Opinion

Brian Feeney: Seamus Mallon's proposals would make Irish unity a practical impossibility

Brian Feeney

Brian Feeney

Historian and political commentator Brian Feeney has been a columnist with The Irish News for three decades. He is a former SDLP councillor in Belfast and co-author of the award-winning book Lost Lives

Seamus Mallon has weighed into the border poll debate. Picture by Mal McCann
Seamus Mallon has weighed into the border poll debate. Picture by Mal McCann Seamus Mallon has weighed into the border poll debate. Picture by Mal McCann

Seamus Mallon’s proposals in his memoirs to undo fundamental aspects of the Good Friday Agreement have received a lot of attention from predictable sympathetic quarters in the BBC and RTÉ and some newspapers. Unfortunately it’s the wrong kind of attention.

His suggestions should have been met with ridicule because no thought whatsoever has been given to the mechanics of what he proposes to deal with a profoundly serious matter affecting the lives of everyone on this island.

What he is advocating – ‘parallel consent’ – is a piece of nonsense. That’s not just because he’s asking that Irish unity must wait until there’s a nebulous ’40 to 50 per cent support in the unionist community’. It’s because he clearly doesn’t understand how a referendum works. Individuals vote, not parties. So how can you tell what percentage of unionists or nationalists voted in a particular way? Do you have to register as a unionist or nationalist? What about people who refuse? Does their vote not count like in the assembly? Do you have an indelible orange or green transfer dyed onto your wrist? Wear football tops? What about nationalists who falsely claim to be unionists and then vote yes to Irish unity? All nonsense; voting is supposed to be secret.

It’s a ridiculous proposal which should have been laughed out of court.

What about parties being taken to represent unionist consent? How would that work? Does Mallon really want to transform the north into a gigantic petition of concern? It wouldn’t be a plebiscite for a start. Again, what about parties which refused to be designated? You couldn’t prevent them standing, so thousands of voters wouldn’t have their votes counted. How do you know people voting for unionist or nationalist parties are really unionists or nationalists or ringers falsely claiming to vote yes?

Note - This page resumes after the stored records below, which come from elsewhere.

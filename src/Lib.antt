-- ===== src/Lib.antt =====
-- GCFFlasher: the tool that programs the firmware of dresden elektronik Zigbee products.
--
-- The program is a platform independent core (gcf.c) over a platform layer (main_posix.c,
-- main_windows.c, main_dos.c), with small helper modules of its own. A firmware file is read and
-- parsed, the device is reset into its bootloader, and the bootloader is fed the firmware over a
-- serial line. The newer bootloaders speak a framed byte protocol (protocol.c), with fields laid
-- out by buffer_helper.c; u_bstream.c reads the header of the firmware file.
--
-- What models what:
--   Base            C arrays as lists, fixed-width arithmetic, bit fields, bytes in memory
--   Protocol        protocol.c: PROT_SendFlagged is send_flagged, over the loop send_loop;
--                   PROT_ReceiveFlagged is receive_flagged, over receive_loop, whose round is
--                   rx_byte on the state RxState (PROT_RxState). PROT_Packet is called with the
--                   packets that the model collects in a list.
--   BufferHelper    buffer_helper.c, each function under its name, on a memory and a pointer
--   BStream         u_bstream.c, each function under its name, on the record BStream (U_BStream)
--   GcfFile         gcf.c: GCF_ParseFile is parse_file on the record GcfFile (GCF_File)
--   SStream         u_sstream.c, each function under its name, on the record SStream (U_SStream)
--   Mem             u_mem.c
--   Posix           main_posix.c: the record Posix is PL_Internal, with PROT_Putc, PROT_Flush and
--                   PROT_Write (putc, flush, write); Posix/Loop is PL_Loop (run_loop, rounds), over
--                   a core that is a parameter, and Posix/Core takes the one of Gcf for it.
--                   Posix/Queue is the queue that the ring of bytes to send implements.
--   Linux           linux_get_usb_devices.c: query_udevadm in Linux/Udev, the search of
--                   plGetLinuxUSBDevices in /dev/serial/by-id in Linux/ById
--   Net             net.c, the table of clients of the UDP server
--   Windows         main_windows.c and main_dos.c, their buffer of bytes to send; of main_windows.c
--                   PL_Loop and PL_Connect (Windows/Loop), PL_GetDevices and GetComPort
--                   (Windows/Ports), PL_Printf (Windows/Printf) and the command line
--                   of mainCRTStartup (Windows/Arguments)
--   Dos             main_dos.c: the receive ring between port_isr and PL_Loop, and the main loop itself
--                   (Dos/Loop)
--   Gpio            linux_libgpiod_reset.c, both resets, with the calls of libgpiod in a list
--   Gcf             gcf.c: the record Gcf is GCF_t, the function pointers state and substate are the
--                   enumerations State and Substate, and every handler ST_* has its name in small
--                   letters: in Gcf/Upload those that feed the bootloaders, in Gcf/Bootloader and
--                   Gcf/Reset those before them. Gcf/CommandLine has gcfProcessCommandline, Gcf/PathType
--                   gcfGetDeviceType, Gcf/Machine the dispatcher GCF_HandleEvent (handle), the
--                   input GCF_Received (received) and PROT_Packet. About them are Gcf/Returns and
--                   Gcf/Nesting (the dispatcher), Gcf/Chunks, Gcf/Requests and Gcf/Image (the V3
--                   upload), Gcf/Pages and Gcf/Book (the V1 upload), and Gcf/Input (the text
--                   buffer). Gcf/Runs has the runs of the program as a relation on the state and
--                   the timer (Clock);
--                   Gcf/Hooks says what handlers expect of the events they dispatch, and Gcf/Alive,
--                   Gcf/Awake, Gcf/Timers, Gcf/Started and Gcf/Waits what each handler does to the
--                   timer.
--
-- The platform layer is the record Platform: what its functions answer while one event is handled.
-- What the core asks of it is collected in the list `effects`, in order. PROT_Flush on a closed line
-- and PL_Disconnect dispatch EV_DISCONNECTED from inside a handler, and so they do in the model.
--
-- Conventions. A w-bit unsigned number is a natural number below 2 ^ w, with the wrap written out.
-- `unsigned long` has 64 bits. A memory is a list of bytes; a read out of range gives 0, a write
-- out of range changes nothing, and theorems say where accesses stay in range.
--
-- Assert (gcf.h) is nothing, as in a build with NDEBUG (cmake -DCMAKE_BUILD_TYPE=Release). The README's
-- commands for Linux build without it, and an Assert that fails ends such a build. Theorems that
-- cover such a case say that they are about a build with NDEBUG: a V3 request inside a firmware with
-- 65535 bytes or more left, a V1 request for a page past the end, and links of /dev/serial/by-id
-- that do not resolve, do not fit or have no serial number.
--
-- UI_UpdateProgress, which divides by the size of the firmware, ends the program where that is 0; such a
-- handler returns `none`, like one that runs out of fuel.
--
-- Fuel. The loops of protocol.c count in an unsigned short against an unsigned length. send_loop
-- and receive_loop take fuel, one more than the number of bytes, which is enough for up to 65535
-- bytes; beyond that the C loop does not end, and no fuel is enough.
--
-- The dispatcher `handle` takes as fuel the depth to which its calls nest, for which seven is enough.
-- The parser of the output of udevadm takes one round more than there are characters, which is
-- enough, and the output of integers 20 rounds, which is enough for 64 bits. The main loop runs over
-- the list of what poll() and read() answer.
--
-- Not modelled: the terminal output, the option of the network server, the operating system calls of
-- the platform layers, the sockets, the devices of macOS, the reset over libftdi, and the text
-- conversion of floating point numbers.
pub mod Base
pub mod Protocol
pub mod BufferHelper
pub mod BStream
pub mod GcfFile
pub mod SStream
pub mod Mem
pub mod Gcf
pub mod Posix
pub mod Linux
pub mod Net
pub mod Windows
pub mod Dos
pub mod Gpio
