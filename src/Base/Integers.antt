-- ===== src/Base/Integers.antt =====
-- The signed numbers of C.
use Prim.Native.Nat.{ℕ, zero, suc}

pub data ℤ : Type 0 where
  pos negsuc : ℕ → ℤ

-- The integer of a sign and a magnitude.
abbrev pub neg : ℕ → ℤ
neg zero = pos zero
neg (suc n) = negsuc n
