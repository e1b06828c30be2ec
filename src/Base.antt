-- ===== src/Base.antt =====
-- The names that all parts share: those of the libraries, passed on, Boolean tests, C arrays as
-- lists with native indices, and the fixed-width arithmetic of C.
mod Compare
mod Order
pub mod Lists
pub mod Bits
pub mod Words
pub mod Fields
pub mod Text
mod Integers
pub use Compare.*
pub use Order.{lt_wf}
pub use Lists.*
pub use Words.*
pub use Integers.*
pub use Prim.Native.Nat.{ℕ, zero, suc, ◌+◌, ◌-◌, ◌*◌, ◌/◌, ◌%◌, ◌^◌, ◌≤◌, ◌<◌, min, bit_and, bit_or}
pub use mathlib.Core.Path.{◌≡◌, refl, sym, ap, ap₂, subst, ◌∙◌}
pub use mathlib.Core.Logic.{◌≢◌, ◌↔◌, ◌⊎◌, inl, inr}
pub use mathlib.Core.Bool.{Bool, true, false, not, ◌&&◌, ◌||◌}
pub use mathlib.Core.Option.{Option, none, some}
pub use mathlib.Core.List.{List, [], ◌∷◌, ◌++◌, append-nil, append_assoc}
pub use native.Mathlib.Omega.{arith}
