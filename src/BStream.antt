-- ===== src/BStream.antt =====
-- u_bstream.c: a byte stream over a buffer with a sticky status.
pub mod Bounds
pub mod Reads
pub mod Writes
pub mod RoundTrip
mod Tests
use mathlib.Core.Option
use gcfflashero.Base.{
  ℕ, ◌+◌, Bool, true, false, List, ltb, if◌then◌else◌, bit_and, bit_or, get_or, set, u8, u16, u64,
  ◌<<<◌, ◌>>>◌, Option, some, none, [], ◌∷◌,
}

-- U_BStreamStatus
pub data Status : Type 0 where
  ok read_past_end write_past_end not_initialised : Status

-- U_BStream; `bytes` is the memory at `data`, `none` for a null pointer.
pub record BStream : Type 0 where
  pub bytes : Option (List ℕ)
  pub pos : ℕ
  pub size : ℕ
  pub status : Status

unfoldable pub init : Option (List ℕ) → ℕ → BStream
init mem size = record { bytes = mem; pos = 0; size = size; status = ok }

abbrev pub is_ok : Status → Bool
is_ok ok = true
is_ok _ = false

abbrev is_null : Option (List ℕ) → Bool
is_null none = true
is_null (some _) = false

-- U_bstream_verify_write and U_bstream_verify_read differ in the status alone. `unsigned long` is
-- 64 bits wide, so the addition wraps there.
abbrev verify : Status → BStream → ℕ → BStream × Bool
verify past bs n =
    if is_ok bs.status
    then if is_null bs.bytes
      then (record bs { status = not_initialised }, false)
      else if ltb bs.size (u64 (bs.pos + n))
      then (record bs { status = past }, false)
      else (bs, true)
    else (bs, false)

pub verify_write : BStream → ℕ → BStream × Bool
verify_write = verify write_past_end

pub verify_read : BStream → ℕ → BStream × Bool
verify_read = verify read_past_end

abbrev pub memory : BStream → List ℕ
memory bs = elim bs.bytes [ none ↦ [] | some mem ↦ mem ]

-- `bs->data[i]`
abbrev pub byte_at : BStream → ℕ → ℕ
byte_at bs i = get_or (memory bs) i 0

-- `bs->data[bs->pos++] = v`. It runs after a successful check, so `pos` is below `size` and the
-- increment does not wrap.
abbrev put_byte : ℕ → BStream → BStream
put_byte v bs = record bs {
  bytes = Option.map (λ mem. set mem bs.pos (u8 v)) bs.bytes;
  pos = bs.pos + 1;
}

-- What the puts share: nothing is written where the check fails.
abbrev put : ℕ → (BStream → BStream) → BStream → BStream
put n write bs = let (bs, room) = verify_write bs n in if room then write bs else bs

abbrev u16_write : ℕ → BStream → BStream
u16_write v bs = put_byte (bit_and (v >>> 8) 0xFF) (put_byte (bit_and (v >>> 0) 0xFF) bs)

abbrev u32_write : ℕ → BStream → BStream
u32_write v bs =
    let bs = put_byte (bit_and (v >>> 0) 0xFF) bs in
    let bs = put_byte (bit_and (v >>> 8) 0xFF) bs in
    let bs = put_byte (bit_and (v >>> 16) 0xFF) bs in put_byte (bit_and (v >>> 24) 0xFF) bs

pub put_u8 : BStream → ℕ → BStream
put_u8 bs v = put 1 (put_byte v) bs

pub put_u16_le : BStream → ℕ → BStream
put_u16_le bs v = put 2 (u16_write v) bs

pub put_u32_le : BStream → ℕ → BStream
put_u32_le bs v = put 4 (u32_write v) bs

-- `bs->pos += n` after a successful check; it does not wrap.
abbrev skip : ℕ → BStream → BStream
skip n bs = record bs { pos = bs.pos + n }

-- What the gets share: the stream and the value, which is 0 where the check fails.
abbrev get : ℕ → (BStream → ℕ) → BStream → BStream × ℕ
get n value bs =
    let (bs, room) = verify_read bs n in if room then (skip n bs, value bs) else (bs, 0)

abbrev u8_value : BStream → ℕ
u8_value bs = byte_at bs bs.pos

-- `result = data[pos + 1]; result <<= 8; result |= data[pos]` on an unsigned short
abbrev u16_le_value : BStream → ℕ
u16_le_value bs = bit_or (u16 (byte_at bs (bs.pos + 1) <<< 8)) (byte_at bs bs.pos)

abbrev u16_be_value : BStream → ℕ
u16_be_value bs = bit_or (u16 (byte_at bs bs.pos <<< 8)) (byte_at bs (bs.pos + 1))

-- `result = d; result <<= 8; result |= c; …` on an unsigned long
abbrev shift_in : ℕ → ℕ → ℕ → ℕ → ℕ
shift_in d c b a = bit_or (u64 (bit_or (u64 (bit_or (u64 (d <<< 8)) c <<< 8)) b <<< 8)) a

abbrev u32_le_value : BStream → ℕ
u32_le_value bs =
    shift_in (byte_at bs (bs.pos + 3)) (byte_at bs (bs.pos + 2)) (byte_at bs (bs.pos + 1))
      (byte_at bs bs.pos)

abbrev u32_be_value : BStream → ℕ
u32_be_value bs =
    shift_in (byte_at bs bs.pos) (byte_at bs (bs.pos + 1)) (byte_at bs (bs.pos + 2))
      (byte_at bs (bs.pos + 3))

pub get_u8 : BStream → BStream × ℕ
get_u8 = get 1 u8_value

pub get_u16_le : BStream → BStream × ℕ
get_u16_le = get 2 u16_le_value

pub get_u16_be : BStream → BStream × ℕ
get_u16_be = get 2 u16_be_value

pub get_u32_le : BStream → BStream × ℕ
get_u32_le = get 4 u32_le_value

pub get_u32_be : BStream → BStream × ℕ
get_u32_be = get 4 u32_be_value

-- A client's call.
pub data Op : Type 0 where
  u8_put u16_put u32_put : ℕ → Op
  u8_got u16_le_got u16_be_got u32_le_got u32_be_got : Op

pub step : BStream → Op → BStream
step bs (u8_put v) = put_u8 bs v
step bs (u16_put v) = put_u16_le bs v
step bs (u32_put v) = put_u32_le bs v
step bs u8_got = (get_u8 bs).0
step bs u16_le_got = (get_u16_le bs).0
step bs u16_be_got = (get_u16_be bs).0
step bs u32_le_got = (get_u32_le bs).0
step bs u32_be_got = (get_u32_be bs).0

pub run : BStream → List Op → BStream
run bs [] = bs
run bs (op ∷ ops) = run (step bs op) ops
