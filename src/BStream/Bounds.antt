-- ===== src/BStream/Bounds.antt =====
-- u_bstream.c: no call leaves the buffer, and an error stays.
use mathlib.Core.Option
use gcfflashero.Base.{
  ℕ, suc, ◌+◌, ◌≤◌, ◌<◌, ◌^◌, ◌≡◌, ◌⊎◌, inl, inr, refl, ◌∙◌, List, [], ◌∷◌, Option, some, none,
  arith, length, get_or, set, length-set, get_or-set_ne, u8, u64, true, false, Bool-cases, ltb,
  if◌then◌else◌,
}
use gcfflashero.BStream.{
  BStream, Status, is_ok, is_null, skip, not_initialised, memory, put_byte, u16_write, u32_write,
  verify, verify_write, verify_read, read_past_end, write_past_end, put_u8, put_u16_le, put_u32_le,
  get_u8, get_u16_le, get_u16_be, get_u32_le, get_u32_be, u8_value, u16_le_value, u16_be_value,
  u32_le_value, u32_be_value, Op, u8_put, u16_put, u32_put, u8_got, u16_le_got, u16_be_got,
  u32_le_got, u32_be_got, step, run,
}

-- `n` more bytes fit. The size leaves room in an unsigned long for the addition of a check, which
-- any object of memory does.
pub record HasRoom (n : ℕ) (bs : BStream) : Type 0 where
  pub within : bs.pos + n ≤ bs.size
  pub small : bs.size + 4 < 2 ^ 64

abbrev pub IsValid : BStream → Type 0
IsValid = HasRoom 0

-- A check leaves the stream as it was, and passes only if there is room.
verify-cases :
    (past : Status) (bs : BStream) (n : ℕ)
    → IsValid bs
    → n ≤ 4
    → ((verify past bs n ≡ (bs, true)) × HasRoom n bs)
      ⊎ ((s : Status) × (verify past bs n ≡ (record bs { status = s }, false)))
verify-cases past bs n h small = elim (Bool-cases (is_ok bs.status)) [
  | inr failed ↦ inr (bs.status, rw failed)
  | inl fine ↦ elim (Bool-cases (is_null bs.bytes)) [
    | inl null ↦ inr (not_initialised, rw (fine, null))
    | inr backed ↦ elim (Bool-cases (ltb bs.size (u64 (bs.pos + n)))) [
      | inl over ↦ inr (past, rw (fine, backed, over))
      | inr fits ↦ inl (rw (fine, backed, fits), ground arith)
    ]
  ]
]

-- What a put does to the memory; a null stream has none.
pub memory-put_byte :
    (v : ℕ) (bs : BStream) → memory (put_byte v bs) ≡ set (memory bs) bs.pos (u8 v)
memory-put_byte v bs = by_option bs.bytes
  where
    by_option :
        (o : Option (List ℕ))
        → memory (record bs { bytes = Option.map (λ mem. set mem bs.pos (u8 v)) o })
          ≡ set (memory (record bs { bytes = o })) bs.pos (u8 v)
    by_option none = refl
    by_option (some mem) = refl

-- The extent of the memory, and its byte `i`.
module _ (size extent i x : ℕ) (outside : size ≤ i) where
  record Inside (n : ℕ) (bs : BStream) : Type 0 where
    room : HasRoom n bs
    same_size : bs.size ≡ size
    same_extent : length (memory bs) ≡ extent
    same_byte : get_or (memory bs) i 0 ≡ x

  put_byte-Inside : (n v : ℕ) (bs : BStream) → Inside (suc n) bs → Inside n (put_byte v bs)
  put_byte-Inside n v bs h = record {
    room = omega (arith, h.room.within);
    same_size = h.same_size;
    same_extent = rw (memory-put_byte v bs, length-set) h.same_extent;
    same_byte =
        rw (memory-put_byte v bs) (
          get_or-set_ne (memory bs) bs.pos i (u8 v) 0 (omega (arith, h.room.within)) ∙ h.same_byte);
  }

  weaken : (n : ℕ) (bs : BStream) → HasRoom n bs → Inside 0 bs → Inside n bs
  weaken n bs r h = record {
    room = r;
    same_size = h.same_size;
    same_extent = h.same_extent;
    same_byte = h.same_byte;
  }

  with_status : (st : Status) (bs : BStream) → Inside 0 bs → Inside 0 (record bs { status = st })
  with_status st bs h = record {
    room = record { within = h.room.within; small = h.room.small };
    same_size = h.same_size;
    same_extent = h.same_extent;
    same_byte = h.same_byte;
  }

  skip-Inside : (n : ℕ) (bs : BStream) → HasRoom n bs → Inside 0 bs → Inside 0 (skip n bs)
  skip-Inside n bs r h = record {
    room = omega (arith, r.within);
    same_size = h.same_size;
    same_extent = h.same_extent;
    same_byte = h.same_byte;
  }

  -- A call that checks for `n` bytes and then goes on keeps what its two ways keep.
  after_check :
      (past : Status) (n : ℕ) (bs : BStream) (go : BStream → BStream)
      → n ≤ 4
      → Inside 0 bs
      → (HasRoom n bs → Inside 0 (go bs))
      → let (bs', room) = verify past bs n in Inside 0 (if room then go bs' else bs')
  after_check past n bs go small h keep = elim (verify-cases past bs n h.room small) [
    | inl (e, r) ↦ rw e (keep r)
    | inr (st, e) ↦ rw e (with_status st bs h)
  ]

  get-Inside :
      (n : ℕ) (bs : BStream) (value : BStream → ℕ)
      → n ≤ 4
      → Inside 0 bs
      → let (bs', room) = verify read_past_end bs n in
        Inside 0 (if◌then◌else◌ {A = BStream × ℕ} room (skip n bs', value bs') (bs', 0)).0
  get-Inside n bs value small h = elim (verify-cases read_past_end bs n h.room small) [
    | inl (e, r) ↦ rw e (skip-Inside n bs r h)
    | inr (st, e) ↦ rw e (with_status st bs h)
  ]

  step-Inside : (op : Op) (bs : BStream) → Inside 0 bs → Inside 0 (step bs op)
  unfolding step put_u8 put_u16_le put_u32_le get_u8 get_u16_le get_u16_be get_u32_le get_u32_be
      verify_write verify_read
  step-Inside (u8_put v) bs h =
      after_check write_past_end 1 bs (put_byte v) (omega arith) h
        (λ r. put_byte-Inside 0 _ bs (weaken 1 bs r h))
  step-Inside (u16_put v) bs h =
      after_check write_past_end 2 bs (u16_write v) (omega arith) h
        (λ r. put_byte-Inside 0 _ _ (put_byte-Inside 1 _ bs (weaken 2 bs r h)))
  step-Inside (u32_put v) bs h = after_check write_past_end 4 bs (u32_write v) (omega arith) h (λ r.
      put_byte-Inside 0 _ _
        (put_byte-Inside 1 _ _ (put_byte-Inside 2 _ _ (put_byte-Inside 3 _ bs (weaken 4 bs r h)))))
  step-Inside u8_got bs h = get-Inside 1 bs u8_value (omega arith) h
  step-Inside u16_le_got bs h = get-Inside 2 bs u16_le_value (omega arith) h
  step-Inside u16_be_got bs h = get-Inside 2 bs u16_be_value (omega arith) h
  step-Inside u32_le_got bs h = get-Inside 4 bs u32_le_value (omega arith) h
  step-Inside u32_be_got bs h = get-Inside 4 bs u32_be_value (omega arith) h

  run-Inside : (ops : List Op) (bs : BStream) → Inside 0 bs → Inside 0 (run bs ops)
  unfolding run
  run-Inside [] bs h = h
  run-Inside (op ∷ ops) bs h = run-Inside ops (step bs op) (step-Inside op bs h)

-- No sequence of calls moves the position past the size, changes the size, or writes a byte from
-- the end of the stream on.
pub run_stays_inside :
    (bs : BStream) (ops : List Op) (i : ℕ)
    → IsValid bs
    → bs.size ≤ i
    → let bs' = run bs ops in
      (bs'.pos ≤ bs'.size)
      × (bs'.size ≡ bs.size)
      × (length (memory bs') ≡ length (memory bs))
      × (get_or (memory bs') i 0 ≡ get_or (memory bs) i 0)
run_stays_inside bs ops i v outside =
    let h =
      run-Inside bs.size (length (memory bs)) i (get_or (memory bs) i 0) outside ops bs
        (record { room = v; same_size = refl; same_extent = refl; same_byte = refl }) in
    (omega (arith, h.room.within), h.same_size, h.same_extent, h.same_byte)

verify_failed :
    (past : Status) (bs : BStream) (n : ℕ)
    → is_ok bs.status ≡ false
    → verify past bs n ≡ (bs, false)
verify_failed past bs n e = rw e

step_failed : (bs : BStream) (op : Op) → is_ok bs.status ≡ false → step bs op ≡ bs
unfolding step put_u8 put_u16_le put_u32_le get_u8 get_u16_le get_u16_be get_u32_le get_u32_be
    verify_write verify_read
step_failed bs (u8_put v) e = rw e
step_failed bs (u16_put v) e = rw e
step_failed bs (u32_put v) e = rw e
step_failed bs u8_got e = ground arith
step_failed bs u16_le_got e = ground arith
step_failed bs u16_be_got e = ground arith
step_failed bs u32_le_got e = ground arith
step_failed bs u32_be_got e = ground arith

-- The first error stays: once the status is not ok, no later call changes the stream in any way.
pub run_failed : (bs : BStream) (ops : List Op) → is_ok bs.status ≡ false → run bs ops ≡ bs
unfolding run
run_failed bs [] e = refl
run_failed bs (op ∷ ops) e = rw (step_failed bs op e) (run_failed bs ops e)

There are many other dimensions to Mallon’s absurd and ridiculous suggestions apart from the obvious one that none of them makes sense in a referendum of any description. First, he proposes altering the Good Friday Agreement, a solemn international treaty, which the Irish government has successfully persuaded the EU to protect ‘in all of its parts’ and which it has done in face of British attempts to undermine it. After the sturm und drang of the last three years is the Irish government now to say, well thanks, but actually some of the fundamental parts don’t really matter all? It wouldn’t be long before the British government decided to lop off some other bits.

Remember last year when Arlene Foster had the temerity to suggest that the Good Friday Agreement is ‘not sacrosanct’ and could be modified to accommodate a Brexit deal? She was jumped on from on high. Yet Mallon’s even more damaging and daft suggestions have been given serious consideration by some in the media - though at least not publicly by the Irish government.

Mallon has also ignored another dimension; the rights of increasing numbers of unionists who may prefer Irish unity in the EU to living in a backward, illiberal, benighted Brexit UK. They are to be told under Mallon’s plan that they have to remain stuck in the past with the rest of us until other unionists catch up with them in some impossible to measure qualified majority. Under Mallon’s plans antediluvian unionist votes count more than anyone else’s vote and, just to add insult to injury, they don’t have to make any concessions or promises to qualify for this premium.

In summary, Mallon’s ill-thought out proposals are carefully designed to make Irish unity a practical impossibility. They also absolve the Irish government of any responsibility to make good the new Article 3.1 of Bunreacht na hÉireann ‘to unite all the people who share the territory of the island of Ireland’. So far no Irish government since 1998 has made any proposal of any kind as to how that aspiration might be advanced. What we do know is that the tommy rot in Mallon’s book retards it.

Mallon complains in his book somewhat hurtfully, that when he objected to Hume’s talks with Sinn Féin and the damage they could do to the SDLP, Hume replied contemptuously: ‘I don’t give two balls of roasted snow for what you think.’ Now we know why.